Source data
* * * *

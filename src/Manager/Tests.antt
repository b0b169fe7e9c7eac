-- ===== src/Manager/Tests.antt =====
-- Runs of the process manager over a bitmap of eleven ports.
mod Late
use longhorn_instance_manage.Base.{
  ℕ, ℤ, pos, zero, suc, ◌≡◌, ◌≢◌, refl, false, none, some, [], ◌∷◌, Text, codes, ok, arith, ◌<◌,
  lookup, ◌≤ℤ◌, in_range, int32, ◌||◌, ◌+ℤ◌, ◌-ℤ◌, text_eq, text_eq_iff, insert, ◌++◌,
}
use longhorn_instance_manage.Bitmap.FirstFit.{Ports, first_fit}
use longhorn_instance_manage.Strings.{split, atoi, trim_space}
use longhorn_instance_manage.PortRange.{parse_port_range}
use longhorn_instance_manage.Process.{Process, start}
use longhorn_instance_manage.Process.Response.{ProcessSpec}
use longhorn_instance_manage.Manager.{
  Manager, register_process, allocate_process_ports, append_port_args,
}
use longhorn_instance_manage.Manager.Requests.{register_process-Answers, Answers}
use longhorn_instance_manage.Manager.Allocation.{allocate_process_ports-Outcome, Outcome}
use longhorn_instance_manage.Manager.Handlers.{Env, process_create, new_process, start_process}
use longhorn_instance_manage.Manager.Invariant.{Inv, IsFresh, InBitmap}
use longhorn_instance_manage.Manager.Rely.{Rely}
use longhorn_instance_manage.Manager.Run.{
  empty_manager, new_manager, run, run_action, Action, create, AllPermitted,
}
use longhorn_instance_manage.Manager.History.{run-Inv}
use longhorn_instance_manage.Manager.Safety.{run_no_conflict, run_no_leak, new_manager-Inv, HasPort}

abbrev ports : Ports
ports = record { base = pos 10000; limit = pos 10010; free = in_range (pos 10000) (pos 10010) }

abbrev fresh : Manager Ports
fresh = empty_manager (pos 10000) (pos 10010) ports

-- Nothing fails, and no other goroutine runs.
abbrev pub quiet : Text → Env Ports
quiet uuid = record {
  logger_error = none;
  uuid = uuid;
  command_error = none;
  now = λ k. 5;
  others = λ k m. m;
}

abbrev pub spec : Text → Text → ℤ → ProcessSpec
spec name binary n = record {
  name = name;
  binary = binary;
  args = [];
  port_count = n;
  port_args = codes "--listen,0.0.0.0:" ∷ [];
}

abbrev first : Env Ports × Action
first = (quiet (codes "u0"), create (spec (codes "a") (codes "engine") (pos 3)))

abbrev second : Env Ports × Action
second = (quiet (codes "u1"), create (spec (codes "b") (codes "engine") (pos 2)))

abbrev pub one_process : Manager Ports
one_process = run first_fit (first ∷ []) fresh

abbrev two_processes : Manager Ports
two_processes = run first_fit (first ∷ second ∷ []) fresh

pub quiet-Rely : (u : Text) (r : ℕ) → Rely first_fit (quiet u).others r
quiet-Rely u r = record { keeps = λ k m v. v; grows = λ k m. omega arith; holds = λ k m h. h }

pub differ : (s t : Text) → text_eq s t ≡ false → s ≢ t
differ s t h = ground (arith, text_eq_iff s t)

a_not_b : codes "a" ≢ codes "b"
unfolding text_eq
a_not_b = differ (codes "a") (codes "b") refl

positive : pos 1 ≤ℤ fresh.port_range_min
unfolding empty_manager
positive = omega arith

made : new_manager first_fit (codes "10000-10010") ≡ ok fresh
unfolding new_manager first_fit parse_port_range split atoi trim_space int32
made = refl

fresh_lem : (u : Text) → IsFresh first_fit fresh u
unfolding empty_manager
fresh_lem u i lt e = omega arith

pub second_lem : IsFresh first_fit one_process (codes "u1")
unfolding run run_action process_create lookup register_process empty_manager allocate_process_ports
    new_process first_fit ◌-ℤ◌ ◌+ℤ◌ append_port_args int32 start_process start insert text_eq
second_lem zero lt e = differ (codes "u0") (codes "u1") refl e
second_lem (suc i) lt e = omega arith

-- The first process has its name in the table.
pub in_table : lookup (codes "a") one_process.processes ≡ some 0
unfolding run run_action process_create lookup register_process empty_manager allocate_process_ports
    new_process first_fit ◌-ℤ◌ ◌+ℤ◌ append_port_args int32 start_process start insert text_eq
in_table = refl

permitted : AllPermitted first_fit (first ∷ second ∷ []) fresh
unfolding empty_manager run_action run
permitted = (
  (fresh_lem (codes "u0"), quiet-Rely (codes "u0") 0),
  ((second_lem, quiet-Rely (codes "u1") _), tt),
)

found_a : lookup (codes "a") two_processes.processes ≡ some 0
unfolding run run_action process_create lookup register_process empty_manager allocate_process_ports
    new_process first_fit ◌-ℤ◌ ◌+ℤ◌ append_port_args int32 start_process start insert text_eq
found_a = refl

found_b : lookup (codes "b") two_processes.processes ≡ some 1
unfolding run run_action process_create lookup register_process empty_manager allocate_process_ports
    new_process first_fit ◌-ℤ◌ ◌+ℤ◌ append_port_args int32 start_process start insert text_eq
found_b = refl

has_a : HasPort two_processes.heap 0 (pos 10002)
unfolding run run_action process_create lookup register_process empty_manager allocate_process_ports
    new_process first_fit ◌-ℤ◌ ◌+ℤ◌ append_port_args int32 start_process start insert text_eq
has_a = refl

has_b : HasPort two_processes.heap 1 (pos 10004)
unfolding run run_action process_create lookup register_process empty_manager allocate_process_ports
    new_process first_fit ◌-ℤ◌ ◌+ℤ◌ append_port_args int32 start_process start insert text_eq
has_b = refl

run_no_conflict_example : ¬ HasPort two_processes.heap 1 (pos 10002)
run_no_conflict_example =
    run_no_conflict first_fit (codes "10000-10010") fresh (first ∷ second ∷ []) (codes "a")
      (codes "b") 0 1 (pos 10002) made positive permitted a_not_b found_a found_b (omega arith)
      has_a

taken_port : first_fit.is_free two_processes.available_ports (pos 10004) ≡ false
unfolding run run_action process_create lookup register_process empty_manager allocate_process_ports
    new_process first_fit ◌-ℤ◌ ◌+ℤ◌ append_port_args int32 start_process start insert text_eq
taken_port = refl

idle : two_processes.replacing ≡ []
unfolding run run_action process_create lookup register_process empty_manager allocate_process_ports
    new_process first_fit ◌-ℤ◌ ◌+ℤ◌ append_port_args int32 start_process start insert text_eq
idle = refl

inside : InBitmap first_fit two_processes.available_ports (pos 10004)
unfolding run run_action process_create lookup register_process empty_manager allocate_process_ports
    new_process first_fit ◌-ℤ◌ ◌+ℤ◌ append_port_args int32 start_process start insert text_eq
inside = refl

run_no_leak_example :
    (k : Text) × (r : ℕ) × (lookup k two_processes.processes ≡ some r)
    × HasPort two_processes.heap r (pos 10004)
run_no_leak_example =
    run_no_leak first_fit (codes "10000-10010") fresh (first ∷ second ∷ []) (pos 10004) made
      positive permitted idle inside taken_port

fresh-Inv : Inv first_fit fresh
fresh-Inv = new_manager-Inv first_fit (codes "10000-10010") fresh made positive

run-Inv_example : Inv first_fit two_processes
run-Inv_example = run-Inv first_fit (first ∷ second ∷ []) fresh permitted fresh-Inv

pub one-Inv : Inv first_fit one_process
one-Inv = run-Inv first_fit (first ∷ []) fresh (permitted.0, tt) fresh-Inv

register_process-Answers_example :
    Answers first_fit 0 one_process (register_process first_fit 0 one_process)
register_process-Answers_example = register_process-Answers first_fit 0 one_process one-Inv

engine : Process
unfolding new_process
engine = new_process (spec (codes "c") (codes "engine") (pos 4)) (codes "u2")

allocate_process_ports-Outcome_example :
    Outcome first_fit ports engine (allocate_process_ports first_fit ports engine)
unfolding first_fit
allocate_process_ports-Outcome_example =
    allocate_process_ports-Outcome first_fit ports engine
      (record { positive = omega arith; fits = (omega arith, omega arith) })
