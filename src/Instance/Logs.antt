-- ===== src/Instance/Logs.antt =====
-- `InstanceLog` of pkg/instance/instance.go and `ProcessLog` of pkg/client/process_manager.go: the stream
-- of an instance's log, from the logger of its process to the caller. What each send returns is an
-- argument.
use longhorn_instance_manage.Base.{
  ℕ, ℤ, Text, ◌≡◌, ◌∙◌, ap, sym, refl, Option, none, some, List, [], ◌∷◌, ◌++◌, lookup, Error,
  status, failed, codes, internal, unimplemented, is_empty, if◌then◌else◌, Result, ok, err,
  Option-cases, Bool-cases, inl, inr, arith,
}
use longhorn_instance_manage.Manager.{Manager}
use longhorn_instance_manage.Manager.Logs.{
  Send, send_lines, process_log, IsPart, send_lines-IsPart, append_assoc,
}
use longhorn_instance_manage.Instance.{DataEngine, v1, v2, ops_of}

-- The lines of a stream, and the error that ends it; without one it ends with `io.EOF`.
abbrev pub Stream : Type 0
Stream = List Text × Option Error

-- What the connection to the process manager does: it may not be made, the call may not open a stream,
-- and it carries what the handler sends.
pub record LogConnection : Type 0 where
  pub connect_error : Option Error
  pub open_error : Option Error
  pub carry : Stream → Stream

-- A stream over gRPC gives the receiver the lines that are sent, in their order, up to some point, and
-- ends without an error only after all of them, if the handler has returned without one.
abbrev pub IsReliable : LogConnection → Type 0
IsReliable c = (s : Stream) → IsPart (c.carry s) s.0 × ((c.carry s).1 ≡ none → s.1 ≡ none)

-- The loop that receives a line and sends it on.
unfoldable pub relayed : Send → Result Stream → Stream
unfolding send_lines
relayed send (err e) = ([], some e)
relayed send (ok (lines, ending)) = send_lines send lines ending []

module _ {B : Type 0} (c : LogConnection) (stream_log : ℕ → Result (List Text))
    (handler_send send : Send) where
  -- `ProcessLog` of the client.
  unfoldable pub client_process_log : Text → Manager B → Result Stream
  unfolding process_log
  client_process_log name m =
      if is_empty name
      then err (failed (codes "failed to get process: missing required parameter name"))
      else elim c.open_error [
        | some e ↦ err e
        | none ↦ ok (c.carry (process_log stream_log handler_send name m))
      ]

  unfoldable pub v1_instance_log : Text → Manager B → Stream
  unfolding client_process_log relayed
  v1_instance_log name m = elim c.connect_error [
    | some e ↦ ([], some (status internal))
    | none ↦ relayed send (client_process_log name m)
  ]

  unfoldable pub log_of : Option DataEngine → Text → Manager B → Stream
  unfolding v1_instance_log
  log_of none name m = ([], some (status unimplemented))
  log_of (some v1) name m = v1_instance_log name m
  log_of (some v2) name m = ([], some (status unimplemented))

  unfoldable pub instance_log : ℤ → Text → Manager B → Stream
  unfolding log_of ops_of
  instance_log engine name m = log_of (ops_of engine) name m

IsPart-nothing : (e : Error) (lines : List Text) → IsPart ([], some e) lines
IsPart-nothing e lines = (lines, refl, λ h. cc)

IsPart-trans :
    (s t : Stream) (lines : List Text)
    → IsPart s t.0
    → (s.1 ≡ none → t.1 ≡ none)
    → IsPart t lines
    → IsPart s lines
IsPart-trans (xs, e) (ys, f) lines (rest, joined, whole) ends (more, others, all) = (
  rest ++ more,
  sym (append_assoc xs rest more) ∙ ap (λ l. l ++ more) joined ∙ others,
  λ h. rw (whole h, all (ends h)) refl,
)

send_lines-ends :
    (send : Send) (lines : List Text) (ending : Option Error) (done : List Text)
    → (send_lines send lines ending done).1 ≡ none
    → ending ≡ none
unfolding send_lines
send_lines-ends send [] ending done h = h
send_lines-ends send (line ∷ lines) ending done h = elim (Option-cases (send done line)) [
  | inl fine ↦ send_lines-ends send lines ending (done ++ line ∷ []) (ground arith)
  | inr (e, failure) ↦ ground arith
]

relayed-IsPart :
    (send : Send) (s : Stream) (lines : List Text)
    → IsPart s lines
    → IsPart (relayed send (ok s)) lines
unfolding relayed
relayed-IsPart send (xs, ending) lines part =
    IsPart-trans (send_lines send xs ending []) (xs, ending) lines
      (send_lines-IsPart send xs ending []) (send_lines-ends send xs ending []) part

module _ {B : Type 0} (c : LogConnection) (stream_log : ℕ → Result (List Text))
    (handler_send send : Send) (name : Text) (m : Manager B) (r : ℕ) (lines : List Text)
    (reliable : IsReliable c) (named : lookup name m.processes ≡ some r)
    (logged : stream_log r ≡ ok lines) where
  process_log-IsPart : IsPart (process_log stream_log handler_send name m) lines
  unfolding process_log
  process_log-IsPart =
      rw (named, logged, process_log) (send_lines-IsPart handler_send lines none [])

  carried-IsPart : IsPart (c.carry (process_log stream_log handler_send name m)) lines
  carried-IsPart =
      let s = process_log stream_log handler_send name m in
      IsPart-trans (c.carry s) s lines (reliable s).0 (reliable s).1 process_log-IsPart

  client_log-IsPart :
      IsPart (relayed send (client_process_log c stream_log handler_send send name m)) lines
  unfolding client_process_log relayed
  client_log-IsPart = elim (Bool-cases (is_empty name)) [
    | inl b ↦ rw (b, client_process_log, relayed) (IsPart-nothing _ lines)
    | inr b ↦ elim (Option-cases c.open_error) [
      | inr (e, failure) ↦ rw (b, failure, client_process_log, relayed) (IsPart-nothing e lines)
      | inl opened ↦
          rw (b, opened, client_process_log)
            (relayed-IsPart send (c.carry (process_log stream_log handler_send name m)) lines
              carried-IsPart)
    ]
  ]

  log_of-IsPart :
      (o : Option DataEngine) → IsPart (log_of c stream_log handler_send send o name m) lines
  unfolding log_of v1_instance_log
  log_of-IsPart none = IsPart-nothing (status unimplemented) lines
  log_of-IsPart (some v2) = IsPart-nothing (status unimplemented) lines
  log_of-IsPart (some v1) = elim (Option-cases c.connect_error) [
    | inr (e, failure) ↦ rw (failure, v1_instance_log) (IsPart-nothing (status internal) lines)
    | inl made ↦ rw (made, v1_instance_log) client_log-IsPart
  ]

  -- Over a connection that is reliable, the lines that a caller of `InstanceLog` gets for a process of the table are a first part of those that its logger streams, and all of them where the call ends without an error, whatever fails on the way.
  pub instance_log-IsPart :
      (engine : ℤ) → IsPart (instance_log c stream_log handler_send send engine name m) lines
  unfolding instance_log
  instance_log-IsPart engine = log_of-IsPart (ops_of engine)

* * * *

• _What you need to do_: Search the entries for the word "whole" and copy every line that holds it.

• _Task answer_:
IsPart-trans (xs, e) (ys, f) lines (rest, joined, whole) ends (more, others, all) = (
  λ h. rw (whole h, all (ends h)) refl,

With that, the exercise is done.